Elucidating the role of gut microbially produced hydrogen sulfide in metabolic flexibility and aging

A hallmark of aging is the decline in the ability to adapt to nutrient availability (metabolic flexibility). While gut microbes are linked to health, their role in aging is understudied.

Hydrogen sulfide (H2S), produced by both the host and microbes, modulates metabolism but decreases with age, though therapeutic restoration shows promise. Despite high gut H2S levels, the role of microbial-H2S in metabolic flexibility and aging remains unknown.

I will elucidate the effects and targeted pathways of microbial-H2S by using the metabolically flexible thirteen-lined ground squirrels (TLGS), which enter torpor—an extended state of fasted hibernation with reduced metabolism (~95%)—and the short-lived, genetically modifiable Caenorhabditis elegans, in the Mair and Krautkramer labs at Harvard T.H.
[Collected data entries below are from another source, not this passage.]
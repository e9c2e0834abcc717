-- ===== src/Sorting/Plugins/TieBreak/Tied.antt =====
-- src/sorting/plugins.rs: the invariant of the tie-breaks. The new load order holds the processed
-- nodes, each of which leads to the next one in a graph without cycles.
use libloot.Prelude.{ℕ, ◌<◌, ◌≡◌, refl, true, List, [], ◌∷◌, ◌++◌, Memᴰ}
use libloot.External.Petgraph.{Petgraph}
use libloot.Sorting.Graph.{Reach, here, step, Reach-mono, Reach-trans, Acyclic}
use libloot.Sorting.Plugins.Data.{SortingPlugin, PluginSortingData}
use libloot.Sorting.Plugins.Graph.{PluginsGraph}
use libloot.Sorting.Plugins.Graph.Paths.{next_of}
use libloot.Sorting.Plugins.Graph.Growth.{Grows, Grows-refl, Grows-trans, IsSafe}
use libloot.Sorting.Plugins.TieBreak.{TieState}
use libloot.Sorting.Plugins.TieBreak.Chain.{IsChain, IsChain-mono}

module _ {E T : Type 0} (trait : SortingPlugin E T) (P : Petgraph (PluginSortingData T)) where
  abbrev pub Follows : TieState trait P → ℕ → ℕ → Type 0
  Follows s = Reach (next_of trait P s.graph)

  pub record IsTied (s : TieState trait P) : Type 0 where
    pub safe : IsSafe trait P s.graph
    pub listed : (x : ℕ) → s.processed_nodes x ≡ true → Memᴰ x s.new_load_order
    pub processed : (x : ℕ) → Memᴰ x s.new_load_order → s.processed_nodes x ≡ true
    pub inside : (x : ℕ) → Memᴰ x s.new_load_order → x < P.node_count s.graph.inner
    pub chain : IsChain (next_of trait P s.graph) s.new_load_order

  -- The end of the new load order leads to `x`.
  abbrev pub Leads : TieState trait P → ℕ → Type 0
  Leads s x = IsChain (next_of trait P s.graph) (s.new_load_order ++ x ∷ [])

  pub record Advance (s s' : TieState trait P) : Type 0 where
    pub grows : Grows trait P s.graph s'.graph
    pub more : (x : ℕ) → s.processed_nodes x ≡ true → s'.processed_nodes x ≡ true

  pub Advance-refl : (s : TieState trait P) → Advance s s
  Advance-refl s = record { grows = Grows-refl trait P s.graph; more = λ x h. h }

  pub Advance-trans : {a b c : TieState trait P} → Advance a b → Advance b c → Advance a c
  Advance-trans h k = record {
    grows = Grows-trans trait P h.grows k.grows;
    more = λ x p. k.more x (h.more x p);
  }

  pub Reach-Grows :
      {old new : PluginsGraph trait P}
      → Grows trait P old new
      → (x y : ℕ) → Reach (next_of trait P old) x y
      → Reach (next_of trait P new) x y
  Reach-Grows h x y p = Reach-mono h.kept p

  pub IsChain-Grows :
      {old new : PluginsGraph trait P}
      → Grows trait P old new
      → (l : List ℕ) → IsChain (next_of trait P old) l
      → IsChain (next_of trait P new) l
  IsChain-Grows h l c = IsChain-mono (Reach-Grows h) l c

-- Without cycles, of two different nodes only one can reach the other.
pub not-Reach_back :
    {next : ℕ → List ℕ} {a b : ℕ} → Acyclic next → ¬ (a ≡ b) → Reach next a b → ¬ (Reach next b a)
not-Reach_back acyclic ne here q = ne refl
not-Reach_back acyclic ne (step {b = c} {c = b} p m) q = acyclic c b m (Reach-trans q p)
Chan School of Public Health.

During torpor, TLGS have gut microbial shifts similar to fasted humans, with increased H2S-producing sulfate-reducing bacteria (SRB). Elevated torpid liver H2S levels suggest that H2S travels from the gut to the liver.

In C. elegans, H2S is required for extended lifespan under dietary restriction by modulating conserved metabolic pathways.

Thus, I will use (1) TLGS to determine the contribution SRB-H2S to liver metabolic flexibility, and (2) C. elegans to identify evolutionarily conserved age-related metabolic pathways modulated by SRB-H2S.

By supplementing or depleting SRB, I will contribute to understanding the role of SRB in metabolic flexibility and aging.